The notion of infrastructure has recently become a permanent motif in my daily thoughts. I don’t know if it’s because we’re entering a presidential election year—and I’m bracing myself for the myriad debate topics—or if I’m still feeling a bit unsettled from sending my only daughter (and youngest child) to college 14 months ago. Regardless, the idea that families and communities are integral and interdependent components of infrastructure, and that it exists in service of and because of them, is a lightbulb moment for me.
Infrastructure is defined as “the basic physical and organization structures and facilities needed for the operation of a society or enterprise” (Oxford Languages). It is the underlying foundation of our world; its components are central to our lives. It supports the way we live, consume, connect, learn, and travel. The powerful idea that this one word can encompass our whole world is both exhilarating and daunting.
Education is one element of infrastructure, one that is synonymous with schools; however, I’d like to disrupt this traditional way of thinking, and posit that important and desired learning occurs well beyond the schools, and is reflective of moments and opportunities within communities. When you zoom out, you see all the other parts and pieces that impact a learner: Central is their family, followed by their neighborhood, the businesses, and services with which they engage, their natural habitat, and so on. In other words, one’s educational infrastructure is in fact synonymous with their learning journey experienced in their community. At the National Center for Families Learning (NCFL), we refer to this infrastructure as family learning systems.
When families are part of strong communities, they often become life-long learners guided by their curiosities, apply their learning to the workforce in exchange for economic value, and share their knowledge with others. Together, we can shape inclusive spaces and develop interdependent networks that engage families, schools, and communities in learning together as a shared responsibility regardless of where people live.
The future of learning will always involve schools, but we must begin to think about it as something bigger. Family learning systems expand beyond four walls to encompass, align, and coordinate with other seeds and systems of support within the broader infrastructure. They must be robust enough to evolve the landscape of current educational systems and overflow into communities. They must include the capacity to interrogate historical inequities and dismantle societal barriers to learning. More than all this, they must attend to the voice and needs of the families and learners that they serve.
Currently, too many systems of support for children and families are fragmented and inaccessible. And that lack of out-of-school support has demonstrable in-school impacts. A recent survey found that 54 percent of teachers pointed to out-of-school factors like community poverty as a major barrier to addressing learning gaps in their classroom. Even when these issues can be tempered during the confines of a school day, many students return home to caregivers struggling with literacy, skills gaps, and un- or underemployment because the current infrastructure was not built to serve them. Enacting a vision that embraces a new way to focus on learning in communities builds on our collective responsibility and expertise to support different passions, interests, and access to rich learning opportunities.
There can be no solution to this problem that isn’t multigenerational and community-based.
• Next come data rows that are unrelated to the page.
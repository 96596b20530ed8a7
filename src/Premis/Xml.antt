-- ===== src/Premis/Xml.antt =====
-- The XML trees of github.com/beevik/etree, as internal/premis/premis.go uses them: the operations on
-- a document are parameters, with what they do to the child tokens of its root element.
use preprocessing_sfa.Prelude.{
  ℕ, zero, suc, String, Bool, false, Option, none, some, List, [], ◌∷◌, ◌++◌, ◌≡◌,
}
use preprocessing_sfa.Prelude.Text.{◌==◌, if◌then◌else◌}
use preprocessing_sfa.FileSystem.{Result}

mutual
  pub data Node : Type 0 where
    element : (tag : String) (attributes : List (String × String)) (children : Nodes) → Node
    text : String → Node

  pub data Nodes : Type 0 where
    empty : Nodes
    node : Node → Nodes → Nodes

-- An element with a text only, and one with children.
abbrev pub leaf : String → String → Node
leaf tag value = element tag [] (Nodes.node (Node.text value) Nodes.empty)

abbrev pub children : List Node → Nodes
children [] = Nodes.empty
children (n ∷ ns) = Nodes.node n (children ns)

abbrev pub branch : String → List Node → Node
branch tag ns = element tag [] (children ns)

-- The tags of the elements among the tokens.
abbrev pub element_tags : List Node → List String
element_tags [] = []
element_tags (element tag attributes inner ∷ tokens) = tag ∷ element_tags tokens
element_tags (text _ ∷ tokens) = element_tags tokens

abbrev pub has_tag : String → Node → Bool
has_tag tag (element t attributes inner) = t == tag
has_tag tag (text _) = false

-- `InsertChildAt`: an index behind the end appends.
abbrev pub insert_at : ℕ → Node → List Node → List Node
insert_at zero n ns = n ∷ ns
insert_at (suc i) n [] = n ∷ []
insert_at (suc i) n (m ∷ ns) = m ∷ insert_at i n ns

-- The index of the last token with a tag.
abbrev pub last_with : String → List Node → Option ℕ
last_with tag [] = none
last_with tag (n ∷ ns) = elim (last_with tag ns) [
  | some i ↦ some (suc i)
  | none ↦ if has_tag tag n then some 0 else none
]

pub record Etree : Type 1 where
  pub Doc : Type 0
  -- `ReadFromFile`, and `ReadFromString(EmptyXML)`.
  pub read_from_file : String → Result Doc
  pub read_empty : Result Doc
  pub indent : Doc → Doc
  pub write_to_file : Doc → String → Option String
  -- Whether `FindElement("/premis:premis")` is there, and the tokens of that element.
  pub has_root : Doc → Bool
  pub tokens : Doc → List Node
  -- `CreateElement` on the root, with the content that the element is given.
  pub create_element : Doc → Node → Doc
  pub insert_child_at : Doc → ℕ → Node → Doc
  -- `len(ChildElements())`, and the `Index` of the last of `FindElements("./tag")`.
  pub count_child_elements : Doc → ℕ
  pub last_index : String → Doc → Option ℕ
  -- `FindElements("//tag")`, and whether `FindElement` with an expression is there in an element.
  pub find_elements : Doc → String → List Node
  pub has_match : Node → String → Bool
  -- `CreateElement` on one of the elements that `FindElements("//premis:object")` has found, by its
  -- number.
  pub create_in_object : Doc → ℕ → Node → Doc
  pub tokens-create_element :
      (d : Doc) (n : Node) → tokens (create_element d n) ≡ tokens d ++ n ∷ []
  pub tokens-insert_child_at :
      (d : Doc) (i : ℕ) (n : Node) → tokens (insert_child_at d i n) ≡ insert_at i n (tokens d)
  pub last_index_with : (tag : String) (d : Doc) → last_index tag d ≡ last_with tag (tokens d)
  pub tags-create_in_object :
      (d : Doc) (k : ℕ) (n : Node)
      → element_tags (tokens (create_in_object d k n)) ≡ element_tags (tokens d)
  pub tags-indent : (d : Doc) → element_tags (tokens (indent d)) ≡ element_tags (tokens d)
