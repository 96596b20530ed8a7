-- ===== src/Premis/Document.antt =====
-- The functions of internal/premis/premis.go that change a document. UUIDs and times are given: one
-- identifier and one time for each event.
use preprocessing_sfa.Prelude.{ℕ, suc, String, Bool, none, some, List, [], ◌∷◌}
use preprocessing_sfa.Prelude.Text.{◌==◌, ◌+s◌, if◌then◌else◌}
use preprocessing_sfa.Prelude.Lists.{all, any}
use preprocessing_sfa.FileSystem.{Fs, Result, ok, err, file_exists}
use preprocessing_sfa.Premis.{Agent, EventSummary}
use preprocessing_sfa.Premis.Xml.{Node, element, children, leaf, branch, Etree}

-- `Object`: its event identifiers are never set.
pub record Object : Type 0 where
  pub id_type : String
  pub id_value : String
  pub original_name : String

pub record Event : Type 0 where
  pub id_type : String
  pub id_value : String
  pub summary : EventSummary
  pub date_time : String
  pub agent_id_type : String
  pub agent_id_value : String

-- What an event takes from `uuid.New()` and `time.Now()`.
pub record Stamp : Type 0 where
  pub uuid : String
  pub time : String

-- `eventFromEventSummaryAndAgent`.
unfoldable pub event_from_event_summary_and_agent : Stamp → EventSummary → Agent → Event
event_from_event_summary_and_agent stamp summary agent = record {
  id_type = "UUID";
  id_value = stamp.uuid;
  summary = summary;
  date_time = stamp.time;
  agent_id_type = agent.id_type;
  agent_id_value = agent.id_value;
}

abbrev value_uri : List (String × String)
value_uri = ("valueURI", "http://id.loc.gov/vocabulary/identifiers/local") ∷ []

-- A text element with the attribute `valueURI`.
abbrev local_leaf : String → String → Node
local_leaf tag value = element tag value_uri (children (Node.text value ∷ []))

-- The elements that `addObjectElementIfNeeded`, `AddEventElement`, `addAgentElementIfNeeded` and
-- `LinkEventToObject` build.
abbrev pub object_element : Object → Node
object_element o = element "premis:object" (("xsi:type", "premis:file") ∷ []) (
    children (
      branch "premis:objectIdentifier" (
        leaf "premis:objectIdentifierType" o.id_type
        ∷ leaf "premis:objectIdentifierValue" o.id_value
        ∷ [])
      ∷ branch "premis:objectCharacteristics" (
          branch "premis:format"
            (branch "premis:formatDesignation" (branch "premis:formatName" [] ∷ []) ∷ [])
          ∷ [])
      ∷ leaf "premis:originalName" o.original_name
      ∷ []))

abbrev outcome_detail : String → List Node
outcome_detail detail =
    if detail == ""
    then []
    else branch "premis:eventOutcomeDetail" (leaf "premis:eventOutcomeDetailNote" detail ∷ []) ∷ []

abbrev pub event_element : Event → Node
event_element e = branch "premis:event" (
    branch "premis:eventIdentifier" (
      leaf "premis:eventIdentifierType" e.id_type
      ∷ leaf "premis:eventIdentifierValue" e.id_value
      ∷ [])
    ∷ leaf "premis:eventType" e.summary.event_type
    ∷ leaf "premis:eventDateTime" e.date_time
    ∷ branch "premis:eventDetailInformation" (leaf "premis:eventDetail" e.summary.detail ∷ [])
    ∷ branch "premis:eventOutcomeInformation"
        (leaf "premis:eventOutcome" e.summary.outcome ∷ outcome_detail e.summary.outcome_detail)
    ∷ branch "premis:linkingAgentIdentifier" (
        local_leaf "premis:linkingAgentIdentifierType" e.agent_id_type
        ∷ leaf "premis:linkingAgentIdentifierValue" e.agent_id_value
        ∷ [])
    ∷ [])

abbrev pub agent_element : Agent → Node
agent_element a = branch "premis:agent" (
    branch "premis:agentIdentifier" (
      local_leaf "premis:agentIdentifierType" a.id_type
      ∷ leaf "premis:agentIdentifierValue" a.id_value
      ∷ [])
    ∷ leaf "premis:agentName" a.name
    ∷ leaf "premis:agentType" a.agent_type
    ∷ [])

abbrev pub link_element : Event → Node
link_element e = branch "premis:linkingEventIdentifier" (
    leaf "premis:linkingEventIdentifierType" e.id_type
    ∷ leaf "premis:linkingEventIdentifierValue" e.id_value
    ∷ [])

module _ (x : Etree) where
  -- `checkForDuplicateElementData`; the paths are those of a map, in any order, since all must match.
  unfoldable pub check_for_duplicate_element_data : x.Doc → String → List (String × String) → Bool
  check_for_duplicate_element_data d tag paths =
      any (λ e. all (λ p. x.has_match e (".//" +s p.0 +s "[text()='" +s p.1 +s "']")) paths)
        (x.find_elements d ("//premis:" +s tag))

  -- `checkIfObjectElementExists` and `checkIfAgentElementExists`.
  unfoldable pub check_if_object_element_exists : x.Doc → Object → Bool
  unfolding check_for_duplicate_element_data
  check_if_object_element_exists d o =
      check_for_duplicate_element_data d "object" (("premis:originalName", o.original_name) ∷ [])

  unfoldable pub check_if_agent_element_exists : x.Doc → Agent → Bool
  unfolding check_for_duplicate_element_data
  check_if_agent_element_exists d a = check_for_duplicate_element_data d "agent" (
      ("premis:agentType", a.agent_type)
      ∷ ("premis:agentName", a.name)
      ∷ ("premis:agentIdentifier/premis:agentIdentifierType", a.id_type)
      ∷ ("premis:agentIdentifier/premis:agentIdentifierValue", a.id_value)
      ∷ [])

  -- `addObjectElementIfNeeded` and `addAgentElementIfNeeded`.
  unfoldable pub add_object_element_if_needed : x.Doc → Object → x.Doc
  unfolding check_if_object_element_exists
  add_object_element_if_needed d o =
      if check_if_object_element_exists d o then d else x.create_element d (object_element o)

  unfoldable pub add_agent_element_if_needed : x.Doc → Agent → x.Doc
  unfolding check_if_agent_element_exists
  add_agent_element_if_needed d a =
      if check_if_agent_element_exists d a then d else x.create_element d (agent_element a)

  -- Where `AddEventElement` inserts.
  unfoldable pub event_index : x.Doc → ℕ
  event_index d = elim (x.last_index "premis:event" d) [
    | some i ↦ suc i
    | none ↦ elim (x.last_index "premis:object" d) [
      | some i ↦ suc i
      | none ↦ x.count_child_elements d
    ]
  ]

  -- `AddEventElement`.
  unfoldable pub add_event_element : x.Doc → Event → x.Doc
  unfolding event_index
  add_event_element d e = x.insert_child_at d (event_index d) (event_element e)

  -- `AppendEventXMLForObjects`, on the objects from a number on; each number has its stamp.
  unfoldable pub append_event_xml_for_objects :
      x.Doc → ℕ → (ℕ → Stamp) → EventSummary → Agent → List Node → x.Doc
  unfolding add_event_element event_from_event_summary_and_agent
  append_event_xml_for_objects d k stamp summary agent [] = d
  append_event_xml_for_objects d k stamp summary agent (object_el ∷ object_els) =
      let event = event_from_event_summary_and_agent (stamp k) summary agent in
      let d' = x.create_in_object (add_event_element d event) k (link_element event) in
      append_event_xml_for_objects d' (suc k) stamp summary agent object_els

  abbrev no_root : Result x.Doc
  no_root = err "no root premis element found in document"

  -- `AppendObjectXML`, `AppendEventXMLForEachObject` and `AppendAgentXML`.
  unfoldable pub append_object_xml : x.Doc → Object → Result x.Doc
  unfolding add_object_element_if_needed
  append_object_xml d o = if x.has_root d then ok (add_object_element_if_needed d o) else no_root

  unfoldable pub append_event_xml_for_each_object :
      x.Doc → (ℕ → Stamp) → EventSummary → Agent → Result x.Doc
  unfolding append_event_xml_for_objects
  append_event_xml_for_each_object d stamp summary agent =
      if x.has_root d
      then ok (
          append_event_xml_for_objects d 0 stamp summary agent
            (x.find_elements d "//premis:object"))
      else no_root

  unfoldable pub append_agent_xml : x.Doc → Agent → Result x.Doc
  unfolding add_agent_element_if_needed
  append_agent_xml d a = if x.has_root d then ok (add_agent_element_if_needed d a) else no_root

  -- `ParseFile`, `NewDoc` and `ParseOrInitialize`.
  unfoldable pub parse_file : String → Result x.Doc
  parse_file path = elim (x.read_from_file path) [
    | err e ↦ err ("parse XML: " +s e)
    | ok d ↦ ok (x.indent d)
  ]

  unfoldable pub new_doc : Result x.Doc
  new_doc = elim x.read_empty [ err e ↦ err e | ok d ↦ ok (x.indent d) ]

  unfoldable pub parse_or_initialize : Fs → String → Result x.Doc
  unfolding parse_file new_doc file_exists
  parse_or_initialize fs path = if file_exists fs path then parse_file path else new_doc
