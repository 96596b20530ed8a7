-- ===== src/Activities/AddPremis.antt =====
-- internal/activities/add_premis_objects.go, add_premis_event.go and add_premis_agent.go: each reads
-- the PREMIS file or begins one, changes the document, and writes it. The written document is the
-- result.
pub mod Laws
pub mod Tests
use preprocessing_sfa.Prelude.{
  ℕ, suc, String, Bool, true, false, Option, none, some, List, [], ◌∷◌, ◌++◌,
}
use preprocessing_sfa.Prelude.Text.{◌+s◌}
use preprocessing_sfa.FilePath
use preprocessing_sfa.FileSystem.{Fs, Visit, Result, ok, err}
use preprocessing_sfa.Sip.{Sip}
use preprocessing_sfa.Premis.{Agent, EventSummary, original_name_for_subpath}
use preprocessing_sfa.Premis.Xml.{Etree}
use preprocessing_sfa.Premis.Document.{
  Object, Stamp, parse_or_initialize, append_object_xml, append_event_xml_for_each_object,
  append_agent_xml,
}

-- The callback of `FilesWithinDirectory`.
unfoldable pub subpaths_from : String → List String → List Visit → Result (List String)
subpaths_from root found [] = ok found
subpaths_from root found (Visit.failed e ∷ visits) = err e
subpaths_from root found (Visit.entry path name true ∷ visits) = subpaths_from root found visits
subpaths_from root found (Visit.entry path name false ∷ visits) = elim (FilePath.rel root path) [
  | none ↦ err ("Rel: can't make " +s path +s " relative to " +s root)
  | some p ↦ subpaths_from root (found ++ p ∷ []) visits
]

-- `FilesWithinDirectory`.
unfoldable pub files_within_directory : Fs → String → Result (List String)
unfolding subpaths_from
files_within_directory fs path = subpaths_from path [] (fs.walk path)

-- `AddPREMISEventParams`.
pub record EventParams : Type 0 where
  pub premis_file_path : String
  pub agent : Agent
  pub event_type : String
  pub detail : String
  pub outcome_detail : String
  -- Nil, or a list.
  pub failures : Option (List String)

-- The summary of `AddPREMISEventActivity.Execute`.
abbrev pub summary_of : EventParams → EventSummary
summary_of params = record {
  event_type = params.event_type;
  detail = params.detail;
  outcome = elim params.failures [ none ↦ "valid" | some _ ↦ "invalid" ];
  outcome_detail = params.outcome_detail;
}

module _ (x : Etree) (fs : Fs) where
  -- The common end: `doc.WriteToFile`.
  unfoldable pub write : String → x.Doc → Result x.Doc
  write path d = elim (x.write_to_file d path) [ some e ↦ err e | none ↦ ok d ]

  unfoldable pub write_result : String → Result x.Doc → Result x.Doc
  unfolding write
  write_result path (err e) = err e
  write_result path (ok d) = write path d

  -- `AddPREMISEventActivity.Execute`.
  unfoldable pub add_premis_event : (ℕ → Stamp) → EventParams → Result x.Doc
  unfolding parse_or_initialize append_event_xml_for_each_object write_result
  add_premis_event stamp params = elim (parse_or_initialize x fs params.premis_file_path) [
    | err e ↦ err e
    | ok d ↦
        write_result params.premis_file_path
          (append_event_xml_for_each_object x d stamp (summary_of params) params.agent)
  ]

  -- `AddPREMISAgentActivity.Execute`.
  unfoldable pub add_premis_agent : String → Agent → Result x.Doc
  unfolding parse_or_initialize append_agent_xml write_result
  add_premis_agent path agent = elim (parse_or_initialize x fs path) [
    | err e ↦ err e
    | ok d ↦ write_result path (append_agent_xml x d agent)
  ]

  -- The object for a file.
  abbrev object_for : Sip → String → String → Object
  object_for sip id subpath = record {
    id_type = "UUID";
    id_value = id;
    original_name = original_name_for_subpath sip subpath;
  }

  -- The loop of `AddPREMISObjectsActivity.Execute`; `uuid` is the identifier that is generated at a
  -- number, or the error.
  unfoldable pub add_objects : (ℕ → Result String) → Sip → ℕ → List String → x.Doc → Result x.Doc
  unfolding append_object_xml original_name_for_subpath
  add_objects uuid sip k [] d = ok d
  add_objects uuid sip k (subpath ∷ subpaths) d = elim (uuid k) [
    | err e ↦ err ("generate UUID: " +s e)
    | ok id ↦ elim (append_object_xml x d (object_for sip id subpath)) [
      | err e ↦ err e
      | ok d' ↦ add_objects uuid sip (suc k) subpaths d'
    ]
  ]

  -- With the document, the manifest's error if it cannot be opened, and the subpaths.
  unfoldable pub write_objects :
      (ℕ → Result String) → Sip → String → Option String → List String → x.Doc → Result x.Doc
  unfolding add_objects write
  write_objects uuid sip path (some e) subpaths d = err ("open manifest file: " +s e)
  write_objects uuid sip path none subpaths d = elim (add_objects uuid sip 0 subpaths d) [
    | err e ↦ err e
    | ok d' ↦ write path (x.indent d')
  ]

  -- `AddPREMISObjectsActivity.Execute`, with the errors of `os.MkdirAll` and of `os.Open`.
  unfoldable pub add_premis_objects :
      (ℕ → Result String)
      → (mkdir_all open_file : String → Option String) → Sip
      → String
      → Result x.Doc
  unfolding files_within_directory parse_or_initialize write_objects
  add_premis_objects uuid mkdir_all open_file sip path =
      elim (files_within_directory fs sip.content_path) [
        | err e ↦ err e
        | ok subpaths ↦ elim (mkdir_all (FilePath.dir path)) [
          | some e ↦ err e
          | none ↦ elim (parse_or_initialize x fs path) [
            | err e ↦ err e
            | ok d ↦ write_objects uuid sip path (open_file sip.manifest_path) subpaths d
          ]
        ]
      ]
At NCFL, we have seen firsthand the power of family learning to not only support children’s social and academic outcomes but to help families reach their full potential and thrive. When families learn together, aided by focused community effort, the impact is exponential. Acknowledging this helps to guide the vision that our organization carefully designed to build aligned and coordinated family learning systems that support equitable and thriving communities over the next decade.
Reimagining how organizations align to create a new evidence base focused on family learning is more important now than ever. We have called on schools and districts to do so much more than they are capable of; we need a new call to action that mobilizes communities to join the team. Together we can reimagine how learning is a shared responsibility among multiple and complementary stakeholders in the community. Our country will realize outsized impact as learners engage differently along their path toward adulthood, families have access and opportunities to new experiences, and communities enable full participation of every person. The future of learning lies with communities, centering families furthest from opportunity because the issues that need tackling are simply too big for one group, one organization, or one system to solve alone.